-- ===== src/Prelude/Repeats.antt =====
-- Lists of texts, as sets: which texts they contain, and how many.
use Prim.Native.Nat.{◌≤◌, ◌<◌}
use mathlib.Core.Path.{◌≡◌, refl}
use mathlib.Core.Bool.{Bool, true, false, not, ◌&&◌, ◌||◌}
use mathlib.Core.List.{List, [], ◌∷◌, ◌++◌}
use native.Mathlib.Omega.{arith}
use jarvis_ai_coo.Prelude.Equality.{Text, text_eq, ◌==◌, contains}
use jarvis_ai_coo.Prelude.Lists.{length, where_}

-- No text stands twice.
abbrev pub Distinct : List Text → Type 0
Distinct [] = Unit
Distinct (t ∷ ts) = (contains ts t ≡ false) × Distinct ts

pub contains-append :
    (t : Text) (ts us : List Text) → contains (ts ++ us) t ≡ (contains ts t || contains us t)
contains-append t [] us = refl
contains-append t (u ∷ ts) us = ground (arith, contains-append t ts us)

pub append-Distinct :
    (t : Text) (ts : List Text) → contains ts t ≡ false → Distinct ts → Distinct (ts ++ t ∷ [])
append-Distinct t [] h d = (refl, tt)
append-Distinct t (u ∷ ts) h d =
    (rw (contains-append u ts (t ∷ [])) (ground arith), append-Distinct t ts (ground arith) d.1)

pub contains-where :
    (p : Text → Bool) (u : Text) (ts : List Text)
    → contains (where_ p ts) u ≡ (contains ts u && p u)
unfolding where_
contains-where p u [] = refl
contains-where p u (t ∷ ts) = ground (arith, contains-where p u ts)

-- the list without one text
without : Text → List Text → List Text
unfolding where_
without t ts = where_ (λ u. not (t == u)) ts

contains-without :
    (t u : Text) (ts : List Text) → contains (without t ts) u ≡ (contains ts u && not (t == u))
unfolding without
contains-without t u ts = contains-where (λ s. not (t == s)) u ts

length-without : (t : Text) (ts : List Text) → length (without t ts) ≤ length ts
unfolding without
length-without t [] = omega arith
length-without t (s ∷ ts) = ground (arith, length-without t ts)

length-without_lt :
    (t : Text) (ts : List Text) → contains ts t ≡ true → length (without t ts) < length ts
unfolding without
length-without_lt t [] h = cc
length-without_lt t (s ∷ ts) h = ground (arith, length-without_lt t ts, length-without t ts)

subset_rest :
    (t : Text) (ts us : List Text)
    → contains ts t ≡ false
    → ((u : Text) → contains (t ∷ ts) u ≡ true → contains us u ≡ true)
    → (u : Text) → contains ts u ≡ true
    → contains (without t us) u ≡ true
subset_rest t ts us h sub u m = rw (contains-without t u us) (ground (arith, sub u))

-- Distinct texts of a list are not more than the list has.
pub length-Distinct :
    (ts us : List Text)
    → Distinct ts
    → ((u : Text) → contains ts u ≡ true → contains us u ≡ true)
    → length ts ≤ length us
length-Distinct [] us d sub = omega arith
length-Distinct (t ∷ ts) us d sub =
    let below : length ts ≤ length (without t us) =
      length-Distinct ts (without t us) d.1 (subset_rest t ts us d.0 sub) in
    let here : contains us t ≡ true = sub t (ground arith) in
    let less : length (without t us) < length us = length-without_lt t us here in omega arith
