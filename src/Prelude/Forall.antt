-- ===== src/Prelude/Forall.antt =====
-- `All` through the operations on lists.
use mathlib.Core.Path.{◌≡◌, sym, subst}
use mathlib.Core.Logic.{inl, inr}
use mathlib.Core.Bool.{Bool, true, false}
use mathlib.Core.Option.{some}
use mathlib.Core.List.{List, [], ◌∷◌}
use native.Mathlib.Omega.{arith}
use jarvis_ai_coo.Prelude.Equality.{if◌then◌else◌, Bool-cases}
use jarvis_ai_coo.Prelude.Lists.{find, update, All, In}

module _ {A : Type 0} where
  pub All-map : (P Q : A → Type 0) (xs : List A) → ((x : A) → P x → Q x) → All P xs → All Q xs
  All-map P Q [] f a = tt
  All-map P Q (x ∷ xs) f a = (f x a.0, All-map P Q xs f a.1)

  pub All-find :
      (P : A → Type 0) (p : A → Bool) (xs : List A) (x : A) → All P xs → find p xs ≡ some x → P x
  unfolding find
  All-find P p [] x a h = cc
  All-find P p (y ∷ ys) x a h = elim (Bool-cases (p y)) [
    | inl hit ↦ subst P (ground arith) a.0
    | inr miss ↦ All-find P p ys x a.1 (rw miss at h)
  ]

  -- rows that are replaced, and rows that stay
  pub All-update :
      (P Q : A → Type 0) (p : A → Bool) (new : A) (xs : List A)
      → ((x : A) → P x → Q x)
      → Q new
      → All P xs
      → All Q (update p (λ _. new) xs)
  unfolding update
  All-update P Q p new [] f q a = tt
  All-update P Q p new (x ∷ xs) f q a = (row (p x), All-update P Q p new xs f q a.1)
    where
      row : (b : Bool) → Q (if b then new else x)
      row true = q
      row false = f x a.0

  pub All-In : (P : A → Type 0) (x : A) (xs : List A) → All P xs → In x xs → P x
  All-In P x [] a m = elim m [ ]
  All-In P x (y ∷ ys) a (inl e) = subst P (sym e) a.0
  All-In P x (y ∷ ys) a (inr m) = All-In P x ys a.1 m
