-- ===== src/Prelude.antt =====
-- Names that the whole development shares: those of the libraries, passed on, Python's `==` and
-- `in`, and the operations on lists and texts that the components have in common.
mod Equality
mod Lists
mod Members
mod Repeats
mod Forall
unfoldable pub use Equality.*
unfoldable pub use Lists.*
pub use Members.*
pub use Repeats.*
pub use Forall.*
pub use Prim.Native.Nat.{ℕ, zero, suc, ◌+◌, ◌-◌, ◌*◌, ◌/◌, ◌%◌, ◌≤◌, ◌<◌}
pub use Prim.Native.String.{String}
pub use mathlib.Core.Path.{◌≡◌, refl, sym, ap, ◌∙◌, subst}
pub use mathlib.Core.Logic.{◌≢◌, ◌↔◌, ◌⊎◌, inl, inr, ite}
pub use mathlib.Core.Bool.{Bool, true, false, ◌&&◌, ◌||◌, not}
pub use mathlib.Core.Option.{Option, none, some}
pub use mathlib.Core.List.{List, [], ◌∷◌, ◌++◌, map}
pub use native.Mathlib.Omega.{arith}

### [TASK OBJECTIVE]
The required output is all of the material, word for word.

### [FINAL ANSWER]
-- ===== src/Prelude/Repeats.antt =====
-- Lists of texts, as sets: which texts they contain, and how many.
use Prim.Native.Nat.{◌≤◌, ◌<◌}
use mathlib.Core.Path.{◌≡◌, refl}
use mathlib.Core.Bool.{Bool, true, false, not, ◌&&◌, ◌||◌}
use mathlib.Core.List.{List, [], ◌∷◌, ◌++◌}
use native.Mathlib.Omega.{arith}
use jarvis_ai_coo.Prelude.Equality.{Text, text_eq, ◌==◌, contains}
use jarvis_ai_coo.Prelude.Lists.{length, where_}

-- No text stands twice.
abbrev pub Distinct : List Text → Type 0
Distinct [] = Unit
Distinct (t ∷ ts) = (contains ts t ≡ false) × Distinct ts

pub contains-append :
    (t : Text) (ts us : List Text) → contains (ts ++ us) t ≡ (contains ts t || contains us t)
contains-append t [] us = refl
contains-append t (u ∷ ts) us = ground (arith, contains-append t ts us)

pub append-Distinct :
    (t : Text) (ts : List Text) → contains ts t ≡ false → Distinct ts → Distinct (ts ++ t ∷ [])
append-Distinct t [] h d = (refl, tt)
append-Distinct t (u ∷ ts) h d =
    (rw (contains-append u ts (t ∷ [])) (ground arith), append-Distinct t ts (ground arith) d.1)

pub contains-where :
    (p : Text → Bool) (u : Text) (ts : List Text)
    → contains (where_ p ts) u ≡ (contains ts u && p u)
unfolding where_
contains-where p u [] = refl
contains-where p u (t ∷ ts) = ground (arith, contains-where p u ts)

-- the list without one text
without : Text → List Text → List Text
unfolding where_
without t ts = where_ (λ u. not (t == u)) ts

contains-without :
    (t u : Text) (ts : List Text) → contains (without t ts) u ≡ (contains ts u && not (t == u))
unfolding without
contains-without t u ts = contains-where (λ s. not (t == s)) u ts

length-without : (t : Text) (ts : List Text) → length (without t ts) ≤ length ts
unfolding without
length-without t [] = omega arith
length-without t (s ∷ ts) = ground (arith, length-without t ts)

length-without_lt :
    (t : Text) (ts : List Text) → contains ts t ≡ true → length (without t ts) < length ts
unfolding without
length-without_lt t [] h = cc
length-without_lt t (s ∷ ts) h = ground (arith, length-without_lt t ts, length-without t ts)

subset_rest :
    (t : Text) (ts us : List Text)
    → contains ts t ≡ false
    → ((u : Text) → contains (t ∷ ts) u ≡ true → contains us u ≡ true)
    → (u : Text) → contains ts u ≡ true
    → contains (without t us) u ≡ true
subset_rest t ts us h sub u m = rw (contains-without t u us) (ground (arith, sub u))

-- Distinct texts of a list are not more than the list has.
pub length-Distinct :
    (ts us : List Text)
    → Distinct ts
    → ((u : Text) → contains ts u ≡ true → contains us u ≡ true)
    → length ts ≤ length us
length-Distinct [] us d sub = omega arith
length-Distinct (t ∷ ts) us d sub =
    let below : length ts ≤ length (without t us) =
      length-Distinct ts (without t us) d.1 (subset_rest t ts us d.0 sub) in
    let here : contains us t ≡ true = sub t (ground arith) in
    let less : length (without t us) < length us = length-without_lt t us here in omega arith
filename src/Prelude/Forall.antt
-- ===== src/Prelude/Forall.antt =====
-- `All` through the operations on lists.
use mathlib.Core.Path.{◌≡◌, sym, subst}
use mathlib.Core.Logic.{inl, inr}
use mathlib.Core.Bool.{Bool, true, false}
use mathlib.Core.Option.{some}
use mathlib.Core.List.{List, [], ◌∷◌}
use native.Mathlib.Omega.{arith}
use jarvis_ai_coo.Prelude.Equality.{if◌then◌else◌, Bool-cases}
use jarvis_ai_coo.Prelude.Lists.{find, update, All, In}

module _ {A : Type 0} where
  pub All-map : (P Q : A → Type 0) (xs : List A) → ((x : A) → P x → Q x) → All P xs → All Q xs
  All-map P Q [] f a = tt
  All-map P Q (x ∷ xs) f a = (f x a.0, All-map P Q xs f a.1)

  pub All-find :
      (P : A → Type 0) (p : A → Bool) (xs : List A) (x : A) → All P xs → find p xs ≡ some x → P x
  unfolding find
  All-find P p [] x a h = cc
  All-find P p (y ∷ ys) x a h = elim (Bool-cases (p y)) [
    | inl hit ↦ subst P (ground arith) a.0
    | inr miss ↦ All-find P p ys x a.1 (rw miss at h)
  ]

  -- rows that are replaced, and rows that stay
  pub All-update :
      (P Q : A → Type 0) (p : A → Bool) (new : A) (xs : List A)
      → ((x : A) → P x → Q x)
      → Q new
      → All P xs
      → All Q (update p (λ _. new) xs)
  unfolding update
  All-update P Q p new [] f q a = tt
  All-update P Q p new (x ∷ xs) f q a = (row (p x), All-update P Q p new xs f q a.1)
    where
      row : (b : Bool) → Q (if b then new else x)
      row true = q
      row false = f x a.0

  pub All-In : (P : A → Type 0) (x : A) (xs : List A) → All P xs → In x xs → P x
  All-In P x [] a m = elim m [ ]
  All-In P x (y ∷ ys) a (inl e) = subst P (sym e) a.0
  All-In P x (y ∷ ys) a (inr m) = All-In P x ys a.1 m
-- ===== src/Prelude.antt =====
-- Names that the whole development shares: those of the libraries, passed on, Python's `==` and
-- `in`, and the operations on lists and texts that the components have in common.
mod Equality
mod Lists
mod Members
mod Repeats
mod Forall
unfoldable pub use Equality.*
unfoldable pub use Lists.*
pub use Members.*
pub use Repeats.*
pub use Forall.*
pub use Prim.Native.Nat.{ℕ, zero, suc, ◌+◌, ◌-◌, ◌*◌, ◌/◌, ◌%◌, ◌≤◌, ◌<◌}
pub use Prim.Native.String.{String}
pub use mathlib.Core.Path.{◌≡◌, refl, sym, ap, ◌∙◌, subst}
pub use mathlib.Core.Logic.{◌≢◌, ◌↔◌, ◌⊎◌, inl, inr, ite}
pub use mathlib.Core.Bool.{Bool, true, false, ◌&&◌, ◌||◌, not}
pub use mathlib.Core.Option.{Option, none, some}
pub use mathlib.Core.List.{List, [], ◌∷◌, ◌++◌, map}
pub use native.Mathlib.Omega.{arith}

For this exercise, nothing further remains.